=== Supplied data ===

-- ===== src/Connect/Reconnect.antt =====
-- internal/connect/client.go: the handshake of a new connection, and the loop of `run` that replaces a
-- lost one. What a dial, a read or a write of the transport gives is an argument, as is whether the
-- client's context was cancelled meanwhile.
pub mod Delays
pub mod Handshake
mod Tests
use go_ha.Prelude.{
  ℕ, String, str_eq, Bool, true, false, not, Option, none, some, List, [], ◌∷◌, leb, if◌then◌else◌,
}
use go_ha.Json.{text, Fields, empty, field}
use go_ha.Connect.Message.{Message, Envelope, parse_message}
use go_ha.Connect.Backoff.{Backoff, next, reset}

-- What `connectOnce` ends with: a connection, `ErrAuthFailed`, or another error.
pub data Attempt : Type 0 where
  connected : Attempt
  auth_failed : Attempt
  failed : Attempt

-- `readOne`.
abbrev pub read_one : (String → Option Envelope) → Option String → Option Message
read_one decode none = none
read_one decode (some raw) = parse_message decode raw

-- The message that carries the token.
unfoldable pub auth_message : String → Fields
auth_message token = field "type" (text "auth") (field "access_token" (text token) empty)

-- The end of `authenticate`, by the answer to the token.
abbrev pub auth_answer : Option Message → Attempt
auth_answer none = failed
auth_answer (some msg) =
    if str_eq msg.type "auth_ok"
    then connected
    else if str_eq msg.type "auth_invalid"
    then auth_failed
    else failed

-- `authenticate`: the first message, the write of the token, and the answer. The token is not sent to a
-- server that does not ask for it.
unfoldable pub authenticate : Option Message → Bool → Option Message → Attempt
authenticate none wrote answer = failed
authenticate (some msg) wrote answer =
    if not (str_eq msg.type "auth_required")
    then failed
    else if not wrote
    then failed
    else auth_answer answer

-- `connectOnce`: whether the dial succeeded, and the handshake.
unfoldable pub connect_once : Bool → Attempt → Attempt
connect_once dialled handshake = if dialled then handshake else failed

-- One round of `reconnect`: the jitter drawn for its delay, whether the timer fired before the context
-- ended, what the attempt gave, and whether the context had ended by then.
pub record Round : Type 0 where
  pub jitter : ℕ → ℕ
  pub woken : Bool
  pub attempt : Attempt
  pub cancelled : Bool

-- A usable connection; the client stops, for its context ended; it stops, for the token was refused; or it
-- still tries.
pub data Verdict : Type 0 where
  usable : Verdict
  stopped : Verdict
  refused : Verdict
  trying : Verdict

pub record Reconnection : Type 0 where
  pub verdict : Verdict
  pub backoff : Backoff
  pub delays : List ℕ

abbrev pub after_round : Round → Verdict
after_round r = if r.woken then decide r.attempt else stopped
  where
    decide : Attempt → Verdict
    decide connected = usable
    decide auth_failed = refused
    decide failed = if r.cancelled then stopped else trying

-- The loop goes on only where a round decided nothing.
abbrev pub go_on : Verdict → ℕ → Backoff → Reconnection → Reconnection
go_on usable delay b rest = record { verdict = usable; backoff = b; delays = delay ∷ [] }
go_on stopped delay b rest = record { verdict = stopped; backoff = b; delays = delay ∷ [] }
go_on refused delay b rest = record { verdict = refused; backoff = b; delays = delay ∷ [] }
go_on trying delay b rest = record rest { delays = delay ∷ rest.delays }

-- `reconnect`, over the rounds that there are.
unfoldable pub reconnect : List Round → Backoff → Reconnection
reconnect [] b = record { verdict = trying; backoff = b; delays = [] }
reconnect (r ∷ rest) b =
    let (delay, c) = next r.jitter b in go_on (after_round r) delay c (reconnect rest c)

-- What `run` does when a connection that lived so long is lost, unless the context has ended.
unfoldable pub recover : ℕ → ℕ → List Round → Backoff → Reconnection
recover healthy_after lived rounds b =
    reconnect rounds (if leb healthy_after lived then reset b else b)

===

Copy the records above exactly, beginning at the line that contains "-- lost one." and stopping after the line that contains "and the handshake.".

-- lost one. What a dial, a read or a write of the transport gives is an argument, as is whether the
-- client's context was cancelled meanwhile.
pub mod Delays
pub mod Handshake
mod Tests
use go_ha.Prelude.{
  ℕ, String, str_eq, Bool, true, false, not, Option, none, some, List, [], ◌∷◌, leb, if◌then◌else◌,
}
use go_ha.Json.{text, Fields, empty, field}
use go_ha.Connect.Message.{Message, Envelope, parse_message}
use go_ha.Connect.Backoff.{Backoff, next, reset}

-- What `connectOnce` ends with: a connection, `ErrAuthFailed`, or another error.
pub data Attempt : Type 0 where
  connected : Attempt
  auth_failed : Attempt
  failed : Attempt

-- `readOne`.
abbrev pub read_one : (String → Option Envelope) → Option String → Option Message
read_one decode none = none
read_one decode (some raw) = parse_message decode raw

-- The message that carries the token.
unfoldable pub auth_message : String → Fields
auth_message token = field "type" (text "auth") (field "access_token" (text token) empty)

-- The end of `authenticate`, by the answer to the token.
abbrev pub auth_answer : Option Message → Attempt
auth_answer none = failed
auth_answer (some msg) =
    if str_eq msg.type "auth_ok"
    then connected
    else if str_eq msg.type "auth_invalid"
    then auth_failed
    else failed

-- `authenticate`: the first message, the write of the token, and the answer. The token is not sent to a
-- server that does not ask for it.
unfoldable pub authenticate : Option Message → Bool → Option Message → Attempt
authenticate none wrote answer = failed
authenticate (some msg) wrote answer =
    if not (str_eq msg.type "auth_required")
    then failed
    else if not wrote
    then failed
    else auth_answer answer

-- `connectOnce`: whether the dial succeeded, and the handshake.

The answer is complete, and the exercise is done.